Nachhaltigkeit ist das oberste Gebot in unserem Betrieb, weil wir letzten Endes davon leben. Wenn wir nicht nachhaltig wirtschaften würden, gäbe es für die nächste Generation nichts mehr. Das ist eine absolute Prämisse, der wir nachgehen.
Nachhaltige Forstwirtschaft zum Beispiel heißt, dass wir nur so viel Holz ernten, wie wieder nachwächst. Es gibt genug Sägewerke in Europa, die zusperren mussten, weil einfach kein Holz mehr da war. Wichtig ist, dass man die Betriebsgröße an das Ganze anpasst und nicht einfach immer größer und größer wird und nachher Holz nur noch aus 200 Kilometer Entfernung herbringen kann, das macht keinen Sinn.
Wir verarbeiten nur Holz, das bei uns aus der Region ist, wo wir wissen, wo es herstammt und wann es geerntet wurde – besser kann man es nicht machen.
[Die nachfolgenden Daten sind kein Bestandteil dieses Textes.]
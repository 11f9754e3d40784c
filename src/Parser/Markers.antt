-- ===== src/Parser/Markers.antt =====
-- The kinds of tokens that the parser asks for are no end marker.
use lua2wasm.Prelude.{true, false, ◌≡◌, refl, arith}
use lua2wasm.Lexer.Token.{TokKind}
use lua2wasm.Parser.Kinds.{same_kind}

-- A kind that no end marker has.
pub record NotEof (k : TokKind) : Type 0 where
  pub differs : same_kind k TokKind.eof ≡ false

pub same-NotEof : (k j : TokKind) → same_kind k j ≡ true → NotEof j → NotEof k
unfolding same_kind
same-NotEof k j h n = let d = n.differs in record { differs = ground arith }

pub ident-NotEof : NotEof TokKind.ident
unfolding same_kind
ident-NotEof = record { differs = refl }

pub comma-NotEof : NotEof TokKind.comma
unfolding same_kind
comma-NotEof = record { differs = refl }

pub semi-NotEof : NotEof TokKind.semi
unfolding same_kind
semi-NotEof = record { differs = refl }

pub colon-NotEof : NotEof TokKind.colon
unfolding same_kind
colon-NotEof = record { differs = refl }

pub dblcolon-NotEof : NotEof TokKind.dblcolon
unfolding same_kind
dblcolon-NotEof = record { differs = refl }

pub dot-NotEof : NotEof TokKind.dot
unfolding same_kind
dot-NotEof = record { differs = refl }

pub assign-NotEof : NotEof TokKind.assign
unfolding same_kind
assign-NotEof = record { differs = refl }

pub rparen-NotEof : NotEof TokKind.rparen
unfolding same_kind
rparen-NotEof = record { differs = refl }

pub lparen-NotEof : NotEof TokKind.lparen
unfolding same_kind
lparen-NotEof = record { differs = refl }

pub lbrace-NotEof : NotEof TokKind.lbrace
unfolding same_kind
lbrace-NotEof = record { differs = refl }

pub rbrace-NotEof : NotEof TokKind.rbrace
unfolding same_kind
rbrace-NotEof = record { differs = refl }

pub lbracket-NotEof : NotEof TokKind.lbracket
unfolding same_kind
lbracket-NotEof = record { differs = refl }

pub rbracket-NotEof : NotEof TokKind.rbracket
unfolding same_kind
rbracket-NotEof = record { differs = refl }

pub ellipsis-NotEof : NotEof TokKind.ellipsis
unfolding same_kind
ellipsis-NotEof = record { differs = refl }

pub string-NotEof : NotEof TokKind.string
unfolding same_kind
string-NotEof = record { differs = refl }

pub star-NotEof : NotEof TokKind.star
unfolding same_kind
star-NotEof = record { differs = refl }

pub lt-NotEof : NotEof TokKind.lt
unfolding same_kind
lt-NotEof = record { differs = refl }

pub gt-NotEof : NotEof TokKind.gt
unfolding same_kind
gt-NotEof = record { differs = refl }

pub int-NotEof : NotEof TokKind.int
unfolding same_kind
int-NotEof = record { differs = refl }

pub float-NotEof : NotEof TokKind.float
unfolding same_kind
float-NotEof = record { differs = refl }

pub minus-NotEof : NotEof TokKind.minus
unfolding same_kind
minus-NotEof = record { differs = refl }

pub hash-NotEof : NotEof TokKind.hash
unfolding same_kind
hash-NotEof = record { differs = refl }

pub tilde-NotEof : NotEof TokKind.tilde
unfolding same_kind
tilde-NotEof = record { differs = refl }

pub kw_nil-NotEof : NotEof TokKind.kw_nil
unfolding same_kind
kw_nil-NotEof = record { differs = refl }

pub kw_true-NotEof : NotEof TokKind.kw_true
unfolding same_kind
kw_true-NotEof = record { differs = refl }

pub kw_false-NotEof : NotEof TokKind.kw_false
unfolding same_kind
kw_false-NotEof = record { differs = refl }

pub kw_not-NotEof : NotEof TokKind.kw_not
unfolding same_kind
kw_not-NotEof = record { differs = refl }

pub kw_then-NotEof : NotEof TokKind.kw_then
unfolding same_kind
kw_then-NotEof = record { differs = refl }

pub kw_do-NotEof : NotEof TokKind.kw_do
unfolding same_kind
kw_do-NotEof = record { differs = refl }

pub kw_end-NotEof : NotEof TokKind.kw_end
unfolding same_kind
kw_end-NotEof = record { differs = refl }

pub kw_elseif-NotEof : NotEof TokKind.kw_elseif
unfolding same_kind
kw_elseif-NotEof = record { differs = refl }

pub kw_else-NotEof : NotEof TokKind.kw_else
unfolding same_kind
kw_else-NotEof = record { differs = refl }

pub kw_in-NotEof : NotEof TokKind.kw_in
unfolding same_kind
kw_in-NotEof = record { differs = refl }

pub kw_until-NotEof : NotEof TokKind.kw_until
unfolding same_kind
kw_until-NotEof = record { differs = refl }

pub kw_function-NotEof : NotEof TokKind.kw_function
unfolding same_kind
kw_function-NotEof = record { differs = refl }

pub kw_local-NotEof : NotEof TokKind.kw_local
unfolding same_kind
kw_local-NotEof = record { differs = refl }

pub kw_if-NotEof : NotEof TokKind.kw_if
unfolding same_kind
kw_if-NotEof = record { differs = refl }

pub kw_while-NotEof : NotEof TokKind.kw_while
unfolding same_kind
kw_while-NotEof = record { differs = refl }

pub kw_return-NotEof : NotEof TokKind.kw_return
unfolding same_kind
kw_return-NotEof = record { differs = refl }

pub kw_for-NotEof : NotEof TokKind.kw_for
unfolding same_kind
kw_for-NotEof = record { differs = refl }

pub kw_repeat-NotEof : NotEof TokKind.kw_repeat
unfolding same_kind
kw_repeat-NotEof = record { differs = refl }

pub kw_break-NotEof : NotEof TokKind.kw_break
unfolding same_kind
kw_break-NotEof = record { differs = refl }

pub kw_goto-NotEof : NotEof TokKind.kw_goto
unfolding same_kind
kw_goto-NotEof = record { differs = refl }

pub ruleset kinds_NotEof = (
  ident-NotEof, comma-NotEof, semi-NotEof, colon-NotEof, dblcolon-NotEof, dot-NotEof, assign-NotEof,
  rparen-NotEof, lparen-NotEof, lbrace-NotEof, rbrace-NotEof, lbracket-NotEof, rbracket-NotEof,
  ellipsis-NotEof, string-NotEof, star-NotEof, lt-NotEof, gt-NotEof, int-NotEof, float-NotEof,
  minus-NotEof, hash-NotEof, tilde-NotEof, kw_nil-NotEof, kw_true-NotEof, kw_false-NotEof,
  kw_not-NotEof, kw_then-NotEof, kw_do-NotEof, kw_end-NotEof, kw_elseif-NotEof, kw_else-NotEof,
  kw_in-NotEof, kw_until-NotEof, kw_function-NotEof, kw_local-NotEof, kw_if-NotEof, kw_while-NotEof,
  kw_return-NotEof, kw_for-NotEof, kw_repeat-NotEof, kw_break-NotEof, kw_goto-NotEof,
)
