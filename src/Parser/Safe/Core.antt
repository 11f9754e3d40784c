-- ===== src/Parser/Safe/Core.antt =====
-- Actions that end, read no token beyond the list, and move the cursor forward only: the rules
-- for the ways to build an action.
use lua2wasm.Prelude.{
  ℕ, zero, suc, ◌+◌, ◌-◌, ◌≤◌, ◌<◌, length, List, [], ◌∷◌, Bool, true, false, ◌==◌, leb,
  if◌then◌else◌, Option, none, some, ◌≡◌, refl, arith, Bool-cases, inl, inr,
}
use lua2wasm.Lexer.Token.{TokKind}
use lua2wasm.Lexer.Scan.{Token}
use lua2wasm.Parser.Kinds.{same_kind}
use lua2wasm.Parser.Markers.{NotEof}
use lua2wasm.Parser.Scope.{get_elem?}
use lua2wasm.Parser.Fits.{Fits, Wide, Follows, Follows-refl, Follows-trans}
use lua2wasm.Parser.State.{
  Parser, Action, Out, done, overrun, fault, stuck, is_ok, pure, gets, modify, branch, on_option,
  check_ok, peek, peek_at, advance, last_line, continue, ◌>>=◌,
}

-- The list is not empty, and only an end marker stands at its end.
pub record Ended {F : Type 0} (toks : List (Token F)) : Type 0 where
  pub nonempty : 0 < length toks
  pub last_is_eof :
      (i : ℕ) (t : Token F)
      → get_elem? toks i ≡ some t
      → same_kind t.kind TokKind.eof ≡ false
      → i + 1 < length toks

-- From the parser `p` the action ended at a cursor no further back within the tokens, and left
-- what every step keeps; or it came to a mark beyond the array in a frame of too many slots.
abbrev pub Moves : {F A : Type 0} → List (Token F) → Parser F → Out F A → Type 0
Moves toks p (done a q) = (p.pos ≤ q.pos) × (q.pos < length toks) × Follows p q
Moves toks p (overrun q) = Fits p → Wide q
Moves toks p fault = ⊥
Moves toks p stuck = ⊥

pub record Safe {F A : Type 0} (toks : List (Token F)) (lo : ℕ) (m : Action F A) : Type 0 where
  pub at : (p : Parser F) → lo ≤ p.pos → p.pos < length toks → Moves toks p (m p)

-- The same where the token at the cursor is `t`.
pub record SafeAt {F A : Type 0} (toks : List (Token F)) (t : Token F) (lo : ℕ) (m : Action F A)
    : Type 0 where
  pub at :
      (p : Parser F)
      → lo ≤ p.pos
      → p.pos < length toks
      → get_elem? toks p.pos ≡ some t
      → Moves toks p (m p)

pub Moves-trans :
    {F A : Type 0} (toks : List (Token F)) (p q : Parser F) (r : Out F A)
    → p.pos ≤ q.pos
    → Follows p q
    → Moves toks q r
    → Moves toks p r
Moves-trans toks p q (done a r) h s (l, k, t) = (omega arith, k, Follows-trans p q r s t)
Moves-trans toks p q (overrun r) h s k = λ fits. k (s.fits fits)
Moves-trans toks p q fault h s k = k
Moves-trans toks p q stuck h s k = k

-- The parser with its cursor behind the next token.
abbrev pub behind : {F : Type 0} → Parser F → Parser F
behind p = record p { pos = p.pos + 1 }

pub behind-Follows : {F : Type 0} (p : Parser F) → Follows p (behind p)
behind-Follows p = record { fits = λ h. h; keeps = λ e h. h }

pub get_elem?-below :
    {F : Type 0} (toks : List (Token F)) (i : ℕ)
    → i < length toks
    → (t : Token F) × (get_elem? toks i ≡ some t)
get_elem?-below [] i h = absurd (omega arith)
get_elem?-below (t ∷ ts) zero h = (t, refl)
get_elem?-below (t ∷ ts) (suc i) h = get_elem?-below ts i (omega arith)

module _ {F : Type 0} {toks : List (Token F)} {lo : ℕ} where
  pub Safe-pure : {A : Type 0} (a : A) → Safe toks lo (pure {F = F} a)
  unfolding pure
  Safe-pure a = record { at = λ p h k. (omega arith, k, Follows-refl p) }

  pub Safe-gets : {A : Type 0} (f : Parser F → A) → Safe toks lo (gets f)
  unfolding gets
  Safe-gets f = record { at = λ p h k. (omega arith, k, Follows-refl p) }

  pub Safe-modify :
      (f : Parser F → Parser F)
      → ((p : Parser F) → (f p).pos ≡ p.pos)
      → ((p : Parser F) → Follows p (f p))
      → Safe toks lo (modify f)
  unfolding modify
  Safe-modify f same follows = record {
    at = λ p h k. let e = same p in (omega arith, omega arith, follows p);
  }

  pub bind_out :
      {A B : Type 0} (f : A → Action F B) (p : Parser F) (r : Out F A)
      → lo ≤ p.pos
      → Moves toks p r
      → ((a : A) → Safe toks lo (f a))
      → Moves toks p (continue r f)
  bind_out f p (done a q) h (l, k, s) safe =
      Moves-trans toks p q (f a q) l s ((safe a).at q (omega arith) k)
  bind_out f p (overrun q) h k safe = k
  bind_out f p fault h k safe = k
  bind_out f p stuck h k safe = k

  pub Safe-bind :
      {A B : Type 0} (m : Action F A) (f : A → Action F B)
      → Safe toks lo m
      → ((a : A) → Safe toks lo (f a))
      → Safe toks lo (m >>= f)
  unfolding ◌>>=◌
  Safe-bind m f sm sf = record { at = λ p h k. bind_out f p (m p) h (sm.at p h k) sf }

  pub Safe-check_ok :
      {A : Type 0} (a : A) (m : Action F A) → Safe toks lo m → Safe toks lo (check_ok a m)
  unfolding check_ok
  Safe-check_ok a m s = record {
    at = λ p h k. elim (Bool-cases (is_ok p)) [
      | inl e ↦ rw (e, Moves) (s.at p h k)
      | inr e ↦ rw (e, Moves) (omega arith, k, Follows-refl p)
    ];
  }

  pub Safe-branch :
      {A : Type 0} (b : Bool) (m n : Action F A)
      → (b ≡ true → Safe toks lo m)
      → (b ≡ false → Safe toks lo n)
      → Safe toks lo (branch b m n)
  unfolding branch
  Safe-branch true m n sm sn = record { at = λ p h k. (sm refl).at p h k }
  Safe-branch false m n sm sn = record { at = λ p h k. (sn refl).at p h k }

  pub Safe-on_option :
      {A B : Type 0} (o : Option A) (m : Action F B) (f : A → Action F B)
      → Safe toks lo m
      → ((a : A) → Safe toks lo (f a))
      → Safe toks lo (on_option o m f)
  unfolding on_option
  Safe-on_option none m f sm sf = sm
  Safe-on_option (some a) m f sm sf = sf a

  pub Safe-peek_bind :
      {A : Type 0} (f : Token F → Action F A)
      → ((t : Token F) → SafeAt toks t lo (f t))
      → Safe toks lo (peek toks >>= f)
  unfolding ◌>>=◌ peek
  Safe-peek_bind f sf = record {
    at = λ p h k. let (t, e) = get_elem?-below toks p.pos k in rw e ((sf t).at p h k e);
  }

  pub SafeAt-weaken :
      {A : Type 0} (t : Token F) (m : Action F A) → Safe toks lo m → SafeAt toks t lo m
  SafeAt-weaken t m s = record { at = λ p h k e. s.at p h k }

  pub SafeAt-branch :
      {A : Type 0} (t : Token F) (b : Bool) (m n : Action F A)
      → (b ≡ true → SafeAt toks t lo m)
      → (b ≡ false → SafeAt toks t lo n)
      → SafeAt toks t lo (branch b m n)
  unfolding branch
  SafeAt-branch t true m n sm sn = record { at = λ p h k. (sm refl).at p h k }
  SafeAt-branch t false m n sm sn = record { at = λ p h k. (sn refl).at p h k }

  module _ (ended : Ended toks) where
    pub Safe-peek : Safe toks lo (peek toks)
    unfolding peek
    Safe-peek = record {
      at = λ p h k.
          let (t, e) = get_elem?-below toks p.pos k in rw e (omega arith, k, Follows-refl p);
    }

    pub Safe-peek_at : (off : ℕ) → Safe toks lo (peek_at toks off)
    unfolding peek_at
    Safe-peek_at off = record {
      at = λ p h k.
          let positive = ended.nonempty in
          let i = if leb (length toks) (p.pos + off) then length toks - 1 else p.pos + off in
          let (t, e) = get_elem?-below toks i (ground arith) in
          rw e (omega arith, k, Follows-refl p);
    }

    pub Safe-last_line : Safe toks lo (last_line toks)
    unfolding last_line
    Safe-last_line = record {
      at = λ p h k.
          let i = if p.pos == 0 then p.pos else p.pos - 1 in
          let (t, e) = get_elem?-below toks i (ground arith) in
          rw e (omega arith, k, Follows-refl p);
    }

    -- A step over a token that is no end marker.
    pub SafeAt-advance :
        {A : Type 0} (t : Token F) (f : Token F → Action F A)
        → NotEof t.kind
        → ((t : Token F) → Safe toks (suc lo) (f t))
        → SafeAt toks t lo (advance toks >>= f)
    unfolding ◌>>=◌ advance
    SafeAt-advance t f ne sf = record {
      at = λ p h k e.
          let more = ended.last_is_eof p.pos t e ne.differs in
          rw e (
            Moves-trans toks p (behind p) (f t (behind p)) (omega arith) (behind-Follows p)
              ((sf t).at (behind p) (omega arith) more));
    }
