-- ===== src/Parser/Safe/Tokens.antt =====
-- The rules for errors, and for the tests and steps over a token.
use lua2wasm.Prelude.{ℕ, suc, Bytes, List, true, false, arith, Bool-cases, inl, inr}
use lua2wasm.Lexer.Token.{TokKind}
use lua2wasm.Lexer.Scan.{Token}
use lua2wasm.Parser.Kinds.{same_kind}
use lua2wasm.Parser.Markers.{NotEof, same-NotEof, ident-NotEof}
use lua2wasm.Parser.Fits.{
  Follows, Follows-refl, Follows-trans, Follows-same, Follows-frame, recorded,
}
use lua2wasm.Parser.State.{
  Action, Complaint, is_ok, branch, set_error_at, set_error, fail_with, peek, advance, match_kind,
  if_match, expect, take_ident, ◌>>=◌,
}
use lua2wasm.Parser.Safe.Core.{
  Ended, Moves, Safe, SafeAt, Safe-pure, Safe-gets, Safe-modify, Safe-bind, Safe-check_ok,
  Safe-branch, Safe-on_option, Safe-peek_bind, SafeAt-weaken, SafeAt-branch, Safe-peek,
  Safe-last_line, SafeAt-advance, bind_out, Safe-peek_at,
}

pub Safe-suc :
    {F A : Type 0} {toks : List (Token F)} {lo : ℕ} (m : Action F A)
    → Safe toks lo m
    → Safe toks (suc lo) m
Safe-suc m s = record { at = λ p h k. s.at p (omega arith) k }

module _ {F : Type 0} {toks : List (Token F)} {lo : ℕ} where
  pub Safe-set_error_at :
      (line : ℕ) (why : Complaint) → Safe toks lo (set_error_at {F = F} line why)
  unfolding set_error_at
  Safe-set_error_at line why = record {
    at = λ p h k. elim (Bool-cases (is_ok p)) [
      | inl e ↦
          rw (e, Moves)
            (omega arith, k, record { fits = λ f. f; keeps = λ err g. absurd (recorded p err g e) })
      | inr e ↦ rw (e, Moves) (omega arith, k, Follows-refl p)
    ];
  }

  pub Safe-set_error : (why : Complaint) → Safe toks lo (set_error toks why)
  unfolding set_error
  Safe-set_error why =
      Safe-peek_bind _
        (λ t. SafeAt-weaken t (set_error_at t.line why) (Safe-set_error_at t.line why))

  pub Safe-fail_with : {A : Type 0} (a : A) (why : Complaint) → Safe toks lo (fail_with toks a why)
  unfolding fail_with
  Safe-fail_with a why = Safe-bind (set_error toks why) _ (Safe-set_error why) (λ _. Safe-pure a)

  pub SafeAt-if_kind :
      {A : Type 0} (t : Token F) (k : TokKind) (m n : Action F A)
      → NotEof k
      → (NotEof t.kind → SafeAt toks t lo m)
      → SafeAt toks t lo n
      → SafeAt toks t lo (branch (same_kind t.kind k) m n)
  SafeAt-if_kind t k m n ne sm sn =
      SafeAt-branch t (same_kind t.kind k) m n (λ e. sm (same-NotEof t.kind k e ne)) (λ _. sn)

  pub SafeAt-bind :
      {A B : Type 0} (t : Token F) (m : Action F A) (f : A → Action F B)
      → SafeAt toks t lo m
      → ((a : A) → Safe toks lo (f a))
      → SafeAt toks t lo (m >>= f)
  unfolding ◌>>=◌
  SafeAt-bind t m f sm sf = record { at = λ p h k e. bind_out f p (m p) h (sm.at p h k e) sf }

  module _ (ended : Ended toks) where
    pub SafeAt-step :
        {A : Type 0} (t : Token F) (f : Token F → Action F A)
        → NotEof t.kind
        → ((t : Token F) → Safe toks lo (f t))
        → SafeAt toks t lo (advance toks >>= f)
    SafeAt-step t f ne sf = SafeAt-advance ended t f ne (λ t'. Safe-suc (f t') (sf t'))

    pub Safe-match_kind : (k : TokKind) → NotEof k → Safe toks lo (match_kind toks k)
    unfolding match_kind
    Safe-match_kind k ne = Safe-peek_bind _ (λ t.
        SafeAt-if_kind t k _ _ ne (λ e. SafeAt-step t _ e (λ _. Safe-pure true))
          (SafeAt-weaken t _ (Safe-pure false)))

    pub Safe-if_match_here :
        {A : Type 0} (k : TokKind) (m n : Action F A)
        → NotEof k
        → Safe toks lo m
        → Safe toks lo n
        → Safe toks lo (if_match toks k m n)
    unfolding if_match
    Safe-if_match_here k m n ne sm sn =
        Safe-bind _ _ (Safe-match_kind k ne) (λ b. Safe-branch b _ _ (λ _. sm) (λ _. sn))

    pub Safe-expect : (k : TokKind) (what : Bytes) → NotEof k → Safe toks lo (expect toks k what)
    unfolding expect
    Safe-expect k what ne = Safe-bind (match_kind toks k) _ (Safe-match_kind k ne) (λ found.
        Safe-branch found _ _ (λ _. Safe-pure true)
          (λ _.
            Safe-bind (peek toks) _ (Safe-peek ended)
              (λ t. Safe-bind _ _ (Safe-set_error _) (λ _. Safe-pure false))))

    pub Safe-take_ident :
        {A : Type 0} (a : A) (why : Bytes) (f : Token F → Action F A)
        → ((t : Token F) → Safe toks lo (f t))
        → Safe toks lo (take_ident toks a why f)
    unfolding take_ident
    Safe-take_ident a why f sf = Safe-peek_bind _ (λ t.
        SafeAt-if_kind t TokKind.ident _ _ ident-NotEof (λ e. SafeAt-step t _ e sf)
          (SafeAt-weaken t _ (Safe-fail_with a _)))

pub ruleset safe_rules = (
  Safe-pure, Safe-gets, Safe-modify, Follows-same, Follows-frame, Safe-check_ok, Safe-branch,
  Safe-on_option, Safe-set_error, Safe-set_error_at, Safe-fail_with, Safe-peek_bind, SafeAt-if_kind,
  SafeAt-branch, Safe-peek, Safe-last_line, SafeAt-step, Safe-match_kind, Safe-if_match_here,
  Safe-expect, Safe-take_ident, Safe-bind, SafeAt-bind, SafeAt-weaken,
)
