-- ===== src/Parser/Safe.antt =====
-- Actions that end, read no token beyond the list, and move the cursor forward only: one rule for
-- each way to build an action. `toks` ends with its end marker.
mod Core
mod Tokens
pub use Core.*
pub use Tokens.*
Ohne Gemeinschaft würde unser Betrieb gar nicht funktionieren. Es ist wichtig, dass man sich untereinander total vertrauen kann und dass man auch die Erwartungen, die an jeden gestellt werden, erfüllt. Gemeinschaft wird bei uns in der Region sowieso großgeschrieben, weil ja schon durch die vielen Vereine die ganzen Leute so viel beieinander sind. Gemeinschaft ist einfach eine Selbstverständlichkeit bei uns. Das rührt auch daher, dass man früher ja schon abgeschieden gewohnt hat und immer aufeinander angewiesen war. Da verlässt man sich nach wie vor auf alle.
Wenn irgendwelche Härtefälle sind, dann steht eben das ganze Dorf zusammen und hilft sich. Dieses Verständnis muss man auch an die Kinder und Enkelkinder weitergeben.